**Activity:** Up to and including the line containing "insert_before x (y", set down each line of the entries below exactly, starting from the first, and leave out the rest.

**Input for this task:**
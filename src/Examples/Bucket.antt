-- ===== src/Examples/Bucket.antt =====
-- The reference bucketing on whole hundred-thousandths, and each property about it at an input.
use feature_flags.Base.{ℕ, ◌≤◌, ◌+◌, ◌*◌, ◌/◌, pos, String, ◌≡◌, refl, All, [], ◌∷◌, ltb, arith}
use feature_flags.Conformance.Bucket.{
  Floats, codes, bucket_int, hex_from, hex_digit, denom, rollout_variation, variation_from,
}
use feature_flags.Conformance.Bounds.{bucket_int-le, IsHex}
use feature_flags.Conformance.Rollout.{Cut, rollout_variation-Cut}

-- A fraction by its whole hundred-thousandths.
abbrev hundred_thousandths : Floats
hundred_thousandths = record {
  F = ℕ;
  ratio = λ m n. m * 100000 / n;
  plus = ◌+◌;
  below = ltb;
  plus_nothing = λ x. omega arith;
}

-- A digest that does not depend on the text.
abbrev digest : String → String
digest s = "09af"

digest_value : bucket_int digest "paywall" "salt" "u1" ≡ 2479
unfolding bucket_int hex_from hex_digit
digest_value = refl

digest-IsHex : (s : String) → All IsHex (codes (digest s))
digest-IsHex s = ground arith

half : rollout_variation hundred_thousandths 50000 (20000 ∷ 0 ∷ 80000 ∷ []) ≡ pos 2
unfolding rollout_variation variation_from
half = refl

rollout_variation-Cut_example :
    (j : ℕ) × (rollout_variation hundred_thousandths 50000 (20000 ∷ 0 ∷ 80000 ∷ []) ≡ pos j)
    × Cut hundred_thousandths 50000 0 (20000 ∷ 0 ∷ 80000 ∷ []) j
rollout_variation-Cut_example =
    rollout_variation-Cut hundred_thousandths 50000 20000 (0 ∷ 80000 ∷ [])

-- A bucket that no sum exceeds: the last variation is served although its weight is zero.
rest : rollout_variation hundred_thousandths 100000 (100000 ∷ 0 ∷ []) ≡ pos 1
unfolding rollout_variation variation_from
rest = refl

bucket_int-le_example : bucket_int digest "paywall" "salt" "u1" ≤ denom
bucket_int-le_example = bucket_int-le digest digest-IsHex "paywall" "salt" "u1"
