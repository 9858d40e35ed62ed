-- ===== src/Store/Sorting.antt =====
-- ORDER BY on a list of rows: insertion sort.
use mathlib.Core.List.{Perm}
use mathlib.Core.List.Perm
use feature_flags.Base.{
  ◌≡◌, ◌⊎◌, inl, inr, Bool, true, List, [], ◌∷◌, All, IsSorted, if◌then◌else◌, Bool-cases,
}

module _ {Row : Type 0} (before : Row → Row → Bool) where
  unfoldable pub insert_before : Row → List Row → List Row
  insert_before x [] = x ∷ []
  insert_before x (y ∷ ys) =
      let rest = insert_before x ys in if before x y then x ∷ y ∷ ys else y ∷ rest

  unfoldable pub sort_rows : List Row → List Row
  unfolding insert_before
  sort_rows [] = []
  sort_rows (x ∷ xs) = insert_before x (sort_rows xs)

  insert_before-perm : (x : Row) (ys : List Row) → Perm (insert_before x ys) (x ∷ ys)
  unfolding insert_before
  insert_before-perm x [] = Perm.refl (x ∷ [])
  insert_before-perm x (y ∷ ys) = elim (Bool-cases (before x y)) [
    | inl p ↦ rw p (Perm.refl (x ∷ y ∷ ys))
    | inr p ↦ rw p (Perm.trans (Perm.cons y (insert_before-perm x ys)) (Perm.swap x y ys))
  ]

  pub sort_rows-perm : (xs : List Row) → Perm (sort_rows xs) xs
  unfolding sort_rows
  sort_rows-perm [] = Perm.refl []
  sort_rows-perm (x ∷ xs) =
      Perm.trans (insert_before-perm x (sort_rows xs)) (Perm.cons x (sort_rows-perm xs))

  module _ (total : (a b : Row) → (before a b ≡ true) ⊎ (before b a ≡ true))
      (trans : (a b c : Row) → before a b ≡ true → before b c ≡ true → before a c ≡ true) where
    All-insert_before :
        (P : Row → Type 0) (x : Row) (ys : List Row) → P x → All P ys → All P (insert_before x ys)
    unfolding insert_before
    All-insert_before P x [] p h = (p, tt)
    All-insert_before P x (y ∷ ys) p h = elim (Bool-cases (before x y)) [
      | inl q ↦ rw q (p, h)
      | inr q ↦ rw q (h.0, All-insert_before P x ys p h.1)
    ]

    All-after :
        (x y : Row) (ys : List Row)
        → before x y ≡ true
        → All (λ z. before y z ≡ true) ys
        → All (λ z. before x z ≡ true) ys
    All-after x y [] p h = tt
    All-after x y (z ∷ ys) p h = (trans x y z p h.0, All-after x y ys p h.1)

    insert_before-IsSorted :
        (x : Row) (ys : List Row) → IsSorted before ys → IsSorted before (insert_before x ys)
    unfolding insert_before
    insert_before-IsSorted x [] s = (tt, tt)
    insert_before-IsSorted x (y ∷ ys) s = elim (Bool-cases (before x y)) [
      | inl q ↦ rw q ((q, All-after x y ys q s.0), s)
      | inr q ↦ rw q (
        All-insert_before (λ z. before y z ≡ true) x ys
            (elim (total x y) [ inl p ↦ cc | inr p ↦ p ]) s.0,
        insert_before-IsSorted x ys s.1,
      )
    ]

    pub sort_rows-IsSorted : (xs : List Row) → IsSorted before (sort_rows xs)
    unfolding sort_rows
    sort_rows-IsSorted [] = tt
    sort_rows-IsSorted (x ∷ xs) = insert_before-IsSorted x (sort_rows xs) (sort_rows-IsSorted xs)
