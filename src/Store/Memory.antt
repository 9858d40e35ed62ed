-- ===== src/Store/Memory.antt =====
-- Tables as lists in memory. They meet every law of `Engine`, so what is proved of the handlers
-- over an engine holds of something, and the handlers can be run.
use feature_flags.Store.Sorting.{sort_rows, sort_rows-perm, sort_rows-IsSorted}
use feature_flags.Base.{
  text_key, ◌≡◌, ◌⊎◌, inl, inr, refl, Bool, true, false, Option, none, some, List, [], ◌∷◌, Elem,
  Key, ◌==◌, arith, if◌then◌else◌, Bool-cases,
}
use feature_flags.Store.Engine.{Engine}

module _ {K Row : Type 0} (pk : Row → K) ⦃e : Key K⦄ where
  unfoldable pub find : K → List Row → Option Row
  find k [] = none
  find k (r ∷ t) = if pk r == k then some r else find k t

  unfoldable pub without : K → List Row → List Row
  without k [] = []
  without k (r ∷ t) = let rest = without k t in if pk r == k then rest else r ∷ rest

  -- The rows that `find` can return: the first row of each key.
  unfoldable pub live : List Row → List Row
  unfolding without
  live [] = []
  live (r ∷ t) = r ∷ without (pk r) (live t)

  unfoldable pub select : (Row → Bool) → List Row → List Row
  select test [] = []
  select test (r ∷ t) = let rest = select test t in if test r then r ∷ rest else rest

  unfoldable pub first : List Row → Option Row
  first [] = none
  first (r ∷ t) = some r

  pub find_pk : (k : K) (r : Row) (t : List Row) → find k t ≡ some r → pk r ≡ k
  unfolding find
  find_pk k r [] h = cc
  find_pk k r (x ∷ t) h = ground (arith, find_pk k r t, e.same_iff (pk x) k)

  Elem-without_cons :
      (k : K) (r x : Row) (t : List Row)
      → (pk x == k ≡ true) ⊎ (pk x == k ≡ false)
      → (Elem r (without k t) → Elem r t × (pk r == k ≡ false))
      → Elem r (without k (x ∷ t))
      → Elem r (x ∷ t) × (pk r == k ≡ false)
  unfolding without
  Elem-without_cons k r x t (inl same) ih h =
      let (there, ne) = ih (rw (same, if◌then◌else◌) at h) in (inr there, ne)
  Elem-without_cons k r x t (inr other) ih h = elim (rw (other, if◌then◌else◌) at h) [
    | inl here ↦ (inl here, rw here other)
    | inr later ↦ let (there, ne) = ih later in (inr there, ne)
  ]

  Elem-without :
      (k : K) (r : Row) (t : List Row) → Elem r (without k t) → Elem r t × (pk r == k ≡ false)
  Elem-without k r [] h = unfold without in elim h [ ]
  Elem-without k r (x ∷ t) h =
      Elem-without_cons k r x t (Bool-cases (pk x == k)) (Elem-without k r t) h

  without-Elem :
      (k : K) (r : Row) (t : List Row) → Elem r t → pk r == k ≡ false → Elem r (without k t)
  unfolding without
  without-Elem k r [] h ne = elim h [ ]
  without-Elem k r (x ∷ t) (inl here) ne = rw (← here, ne) (inl refl)
  without-Elem k r (x ∷ t) (inr later) ne = elim (Bool-cases (pk x == k)) [
    | inl same ↦ rw same (without-Elem k r t later ne)
    | inr other ↦ rw other (inr (without-Elem k r t later ne))
  ]

  same_sym : (j k : K) → j == k ≡ false → k == j ≡ false
  same_sym j k h = ground (arith, e.same_iff j k, e.same_iff k j)

  same_refl : (k : K) → k == k ≡ true
  same_refl k = (e.same_iff k k).1 refl

  -- Rows of the live view are what `find` returns at their keys, and the other way round.
  find-of_live : (r : Row) (t : List Row) → Elem r (live t) → find (pk r) t ≡ some r
  unfolding find live
  find-of_live r [] h = elim h [ ]
  find-of_live r (x ∷ t) (inl here) = rw (here, same_refl (pk x))
  find-of_live r (x ∷ t) (inr later) =
      let (there, ne) = Elem-without (pk x) r (live t) later in
      rw (same_sym (pk r) (pk x) ne) (find-of_live r t there)

  live-of_find : (k : K) (r : Row) (t : List Row) → find k t ≡ some r → Elem r (live t)
  unfolding find live
  live-of_find k r [] h = cc
  live-of_find k r (x ∷ t) h = elim (Bool-cases (pk x == k)) [
    | inl same ↦ inl (ground arith)
    | inr other ↦ inr (
        without-Elem (pk x) r (live t) (live-of_find k r t (ground arith))
          (rw (find_pk k r t (ground arith)) (same_sym (pk x) k other)))
  ]

  select_sound :
      (test : Row → Bool) (r : Row) (t : List Row)
      → Elem r (select test t)
      → (test r ≡ true) × Elem r t
  unfolding select
  select_sound test r [] h = elim h [ ]
  select_sound test r (x ∷ t) h = elim (Bool-cases (test x)) [
    | inl passes ↦ elim (rw (passes, if◌then◌else◌) at h) [
      | inl here ↦ (rw here passes, inl here)
      | inr later ↦ let (p, there) = select_sound test r t later in (p, inr there)
    ]
    | inr fails ↦
        let (p, there) = select_sound test r t (rw (fails, if◌then◌else◌) at h) in (p, inr there)
  ]

  select_complete :
      (test : Row → Bool) (r : Row) (t : List Row)
      → Elem r t
      → test r ≡ true
      → Elem r (select test t)
  unfolding select
  select_complete test r [] h p = elim h [ ]
  select_complete test r (x ∷ t) (inl here) p = rw (← here, p) (inl refl)
  select_complete test r (x ∷ t) (inr later) p = elim (Bool-cases (test x)) [
    | inl yes_ ↦ rw yes_ (inr (select_complete test r t later p))
    | inr no_ ↦ rw no_ (select_complete test r t later p)
  ]

  first_sound : (r : Row) (t : List Row) → first t ≡ some r → Elem r t
  unfolding first
  first_sound r [] h = cc
  first_sound r (x ∷ t) h = inl (ground arith)

  first-none : (r : Row) (t : List Row) → first t ≡ none → ¬ Elem r t
  unfolding first
  first-none r [] h m = m
  first-none r (x ∷ t) h m = cc

  unfoldable pub scalar_in : (Row → Bool) → List Row → Option Row
  unfolding first select live
  scalar_in test t = first (select test (live t))

  pub scalar_in-some :
      (test : Row → Bool) (r : Row) (t : List Row)
      → scalar_in test t ≡ some r
      → (test r ≡ true) × (find (pk r) t ≡ some r)
  scalar_in-some test r t h =
      let (p, there) =
        select_sound test r (live t)
          (first_sound r (select test (live t)) (unfold scalar_in in h)) in
      (p, find-of_live r t there)

  pub scalar_in-none :
      (test : Row → Bool) (k : K) (r : Row) (t : List Row)
      → scalar_in test t ≡ none
      → find k t ≡ some r
      → test r ≡ false
  scalar_in-none test k r t h g = elim (Bool-cases (test r)) [
    | inl passes ↦ absurd (
        first-none r (select test (live t)) (unfold scalar_in in h)
          (select_complete test r (live t) (live-of_find k r t g) passes))
    | inr fails ↦ fails
  ]

-- `live` and `select` together answer a SELECT.
module _ {K Row : Type 0} (pk : Row → K) ⦃e : Key K⦄ where
  pub scalars_in_sound :
      (test : Row → Bool) (r : Row) (t : List Row)
      → Elem r (select pk test (live pk t))
      → (test r ≡ true) × (find pk (pk r) t ≡ some r)
  scalars_in_sound test r t h =
      let (p, there) = select_sound pk test r (live pk t) h in (p, find-of_live pk r t there)

  pub scalars_in_complete :
      (test : Row → Bool) (k : K) (r : Row) (t : List Row)
      → find pk k t ≡ some r
      → test r ≡ true
      → Elem r (select pk test (live pk t))
  scalars_in_complete test k r t h p =
      select_complete pk test r (live pk t) (live-of_find pk k r t h) p

  pub find-nil : (k : K) → find pk k [] ≡ none
  unfolding find
  find-nil k = refl

  pub find-cons :
      (k : K) (r : Row) (t : List Row)
      → find pk k (r ∷ t) ≡ (if pk r == k then some r else find pk k t)
  unfolding find
  find-cons k r t = refl

-- A write stands before the older row of its key, if there is one, and hides it.
abbrev pub memory : Engine
memory = record {
  Table = λ {K} {Row} pk. List Row;
  empty = [];
  get = λ {K} {Row} {pk} ⦃e⦄ k t. find pk k t;
  add = λ {K} {Row} {pk} ⦃e⦄ r t. r ∷ t;
  scalar = λ {K} {Row} {pk} ⦃e⦄ test t. scalar_in pk test t;
  scalars = λ {K} {Row} {pk} ⦃e⦄ test t. select pk test (live pk t);
  order_by = λ {Row} before rows. sort_rows before rows;
  same_reals = λ s t. s == t;
  same_int_real = λ n t. false;
  get-empty = λ {K} {Row} {pk} ⦃e⦄ k. find-nil pk k;
  get_pk = λ {K} {Row} {pk} ⦃e⦄ k r t h. find_pk pk k r t h;
  get-add = λ {K} {Row} {pk} ⦃e⦄ k r t. find-cons pk k r t;
  scalar_some = λ {K} {Row} {pk} ⦃e⦄ test r t h. scalar_in-some pk test r t h;
  scalar_none = λ {K} {Row} {pk} ⦃e⦄ test k r t h g. scalar_in-none pk test k r t h g;
  scalars_sound = λ {K} {Row} {pk} ⦃e⦄ test r t h. scalars_in_sound pk test r t h;
  scalars_complete = λ {K} {Row} {pk} ⦃e⦄ test k r t h p. scalars_in_complete pk test k r t h p;
  order_by-perm = λ {Row} before rows. sort_rows-perm before rows;
  order_by-sorted = λ {Row} before total trans rows. sort_rows-IsSorted before total trans rows;
}
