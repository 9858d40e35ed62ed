-- ===== src/Examples/Data.antt =====
-- A project with an environment and a flag, as the tests of control-plane/tests make them, on tables
-- in memory, with the conversions that every value of the right type meets.
use feature_flags.Schemas.Credential.{server}
use feature_flags.App.Requests.{Request}
use feature_flags.Api.Segments.{update_segment_config, create_segment}
use feature_flags.Api.Flags.Handlers.{update_flag_config, create_flag}
use feature_flags.Api.Projects.{create_project, create_environment}
use feature_flags.Api.Credentials.{revoke_credential, create_credential}
use feature_flags.Schemas.Segment.{SegmentConfigUpdate}
use feature_flags.Base.{
  leb, List, ℕ, ℤ, pos, String, refl, Bool, true, false, Option, none, some, [], ◌∷◌,
}
use feature_flags.Json.{nil, item, end, array, field, object, Json, boolean, number, text}
use feature_flags.Schemas.Pydantic.{Pydantic}
use feature_flags.Schemas.Flag.{is_in, FlagConfigUpdate}
use feature_flags.Schemas.Catalog.{text_length, ProjectCreate, EnvironmentCreate}
use feature_flags.Schemas.FlagCreate.{FlagKind, FlagCreate}
use feature_flags.Store.Engine.{Engine}
use feature_flags.Store.Memory.{memory}
use feature_flags.Store.Session.{Server, Context, Transaction, empty_database}

abbrev pub int_of : Json → Option ℤ
int_of (number n) = some n
int_of _ = none

abbrev pub text_of : Json → Option String
text_of (text s) = some s
text_of _ = none

abbrev pub bool_of : Json → Option Bool
bool_of (boolean b) = some b
bool_of _ = none

instance abbrev pub strict : Pydantic
strict = record {
  as_int = int_of;
  as_text = text_of;
  as_bool = bool_of;
  as_int-number = λ n. refl;
  as_text-text = λ s. refl;
  as_bool-boolean = λ b. refl;
}

instance abbrev pub tables : Engine
tables = memory

abbrev pub context : ℕ → Context
context n = record {
  actor = "dev@local";
  uuid = n;
  token = "salt";
  serial = n;
  now = n;
  sha256_hex = λ s. s;
  backend = "postgres";
}

abbrev pub empty : Transaction
empty = record { tables = empty_database; notified = [] }

abbrev pub streaming : ProjectCreate
streaming = record { key = "streaming"; name = "Streaming"; description = none }

abbrev pub production : EnvironmentCreate
production = record { key = "production"; name = "Production"; sort_order = pos 0 }

abbrev pub staging : EnvironmentCreate
staging = record { key = "staging"; name = "Staging"; sort_order = pos 1 }

abbrev pub paywall : FlagCreate
paywall = record {
  key = "paywall-v3";
  name = "Paywall v3";
  description = none;
  kind = FlagKind.boolean;
  variations =
      record { name = "On"; value = boolean true }
      ∷ record { name = "Off"; value = boolean false }
      ∷ [];
  temporary = true;
  tags = [];
  owner = none;
  client_side_available = false;
}

-- The body of `test_update_targeting_with_rollout`.
abbrev pub rollout_body : FlagConfigUpdate
rollout_body = record {
  enabled = true;
  targets = record { context_kind = "user"; variation = pos 1; keys = "u-1" ∷ [] } ∷ [];
  rules =
      record {
        choice = record { variation = some (pos 0); rollout = none };
        clauses =
            record {
              context_kind = "user";
              attribute = "country";
              op = is_in;
              values = text "US" ∷ text "CA" ∷ [];
              negate = false;
            }
            ∷ [];
      }
      ∷ [];
  fallthrough = record {
    variation = none;
    rollout = some (record {
      context_kind = "user";
      bucket_by = "key";
      variations =
          record { variation = pos 0; weight = pos 60000 }
          ∷ record { variation = pos 1; weight = pos 40000 }
          ∷ [];
    });
  };
  off_variation = pos 1;
  prerequisites = [];
}

abbrev pub with_project : Transaction
with_project = (create_project (context 1) streaming empty).1

abbrev pub with_production : Transaction
with_production = (create_environment (context 2) "streaming" production with_project).1

abbrev pub with_flag : Transaction
with_flag = (create_flag (context 3) "streaming" paywall with_production).1

abbrev pub with_rollout : Transaction
with_rollout =
    (update_flag_config (context 4) "streaming" "paywall-v3" "production" rollout_body with_flag).1

abbrev pub with_credential : Transaction
with_credential =
    (create_credential (context 7) "streaming" "production" (record { kind = server }) with_flag).1

abbrev pub with_revoked : Transaction
with_revoked = (revoke_credential (context 8) "streaming" "production" 7 with_credential).1

abbrev pub with_segment : Transaction
with_segment =
    (create_segment (context 9) "streaming"
      (record { key = "beta"; name = "Beta"; description = none }) with_flag).1

abbrev pub members : SegmentConfigUpdate
members = record {
  context_kind = "user";
  included = "u-1" ∷ [];
  excluded = [];
  rules =
      record {
        clauses =
            record {
              context_kind = "user";
              attribute = "country";
              op = is_in;
              values = text "US" ∷ [];
              negate = false;
            }
            ∷ [];
      }
      ∷ [];
}

abbrev pub with_members : Transaction
with_members =
    (update_segment_config (context 10) "streaming" "beta" "production" members with_segment).1

-- The bodies as a client sends them.
abbrev pub named_json : String → String → Json
named_json key name = object (field "key" (text key) (field "name" (text name) end))

abbrev pub variation_json : String → Bool → Json
variation_json name value = object (field "name" (text name) (field "value" (boolean value) end))

abbrev pub paywall_json : Json
paywall_json = object (
    field "key" (text "paywall-v3") (
      field "name" (text "Paywall v3") (
        field "kind" (text "boolean") (
          field "variations"
            (array (item (variation_json "On" true) (item (variation_json "Off" false) nil)))
            end))))

abbrev pub start : Server
start = record { database = empty_database; delivered = [] }

-- An order of keys: the shorter ones first.
abbrev pub by_length : String → String → Bool
by_length a b = leb (text_length a) (text_length b)

abbrev pub setup : List (Context × Request)
setup =
    (context 1, Request.project_post (named_json "streaming" "Streaming"))
    ∷ (context 2, Request.environment_post "streaming" (named_json "production" "Production"))
    ∷ (context 3, Request.flag_post "streaming" paywall_json)
    ∷ []

-- The smallest body that `FlagConfigUpdate` takes.
abbrev pub fallthrough_json : Json
fallthrough_json = object (
    field "enabled" (boolean true)
      (field "fallthrough" (object (field "variation" (number (pos 1)) end)) end))

abbrev pub fallthrough_body : FlagConfigUpdate
fallthrough_body = record {
  enabled = true;
  targets = [];
  rules = [];
  fallthrough = record { variation = some (pos 1); rollout = none };
  off_variation = pos 0;
  prerequisites = [];
}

**Solution for this exercise:**
filename src/Examples/Bucket.antt
-- ===== src/Examples/Bucket.antt =====
-- The reference bucketing on whole hundred-thousandths, and each property about it at an input.
use feature_flags.Base.{ℕ, ◌≤◌, ◌+◌, ◌*◌, ◌/◌, pos, String, ◌≡◌, refl, All, [], ◌∷◌, ltb, arith}
use feature_flags.Conformance.Bucket.{
  Floats, codes, bucket_int, hex_from, hex_digit, denom, rollout_variation, variation_from,
}
use feature_flags.Conformance.Bounds.{bucket_int-le, IsHex}
use feature_flags.Conformance.Rollout.{Cut, rollout_variation-Cut}

-- A fraction by its whole hundred-thousandths.
abbrev hundred_thousandths : Floats
hundred_thousandths = record {
  F = ℕ;
  ratio = λ m n. m * 100000 / n;
  plus = ◌+◌;
  below = ltb;
  plus_nothing = λ x. omega arith;
}

-- A digest that does not depend on the text.
abbrev digest : String → String
digest s = "09af"

digest_value : bucket_int digest "paywall" "salt" "u1" ≡ 2479
unfolding bucket_int hex_from hex_digit
digest_value = refl

digest-IsHex : (s : String) → All IsHex (codes (digest s))
digest-IsHex s = ground arith

half : rollout_variation hundred_thousandths 50000 (20000 ∷ 0 ∷ 80000 ∷ []) ≡ pos 2
unfolding rollout_variation variation_from
half = refl

rollout_variation-Cut_example :
    (j : ℕ) × (rollout_variation hundred_thousandths 50000 (20000 ∷ 0 ∷ 80000 ∷ []) ≡ pos j)
    × Cut hundred_thousandths 50000 0 (20000 ∷ 0 ∷ 80000 ∷ []) j
rollout_variation-Cut_example =
    rollout_variation-Cut hundred_thousandths 50000 20000 (0 ∷ 80000 ∷ [])

-- A bucket that no sum exceeds: the last variation is served although its weight is zero.
rest : rollout_variation hundred_thousandths 100000 (100000 ∷ 0 ∷ []) ≡ pos 1
unfolding rollout_variation variation_from
rest = refl

bucket_int-le_example : bucket_int digest "paywall" "salt" "u1" ≤ denom
bucket_int-le_example = bucket_int-le digest digest-IsHex "paywall" "salt" "u1"
repository 9858d40e35ed62ed
-- ===== src/Store/Sorting.antt =====
-- ORDER BY on a list of rows: insertion sort.
use mathlib.Core.List.{Perm}
use mathlib.Core.List.Perm
use feature_flags.Base.{
  ◌≡◌, ◌⊎◌, inl, inr, Bool, true, List, [], ◌∷◌, All, IsSorted, if◌then◌else◌, Bool-cases,
}

module _ {Row : Type 0} (before : Row → Row → Bool) where
  unfoldable pub insert_before : Row → List Row → List Row
  insert_before x [] = x ∷ []
  insert_before x (y ∷ ys) =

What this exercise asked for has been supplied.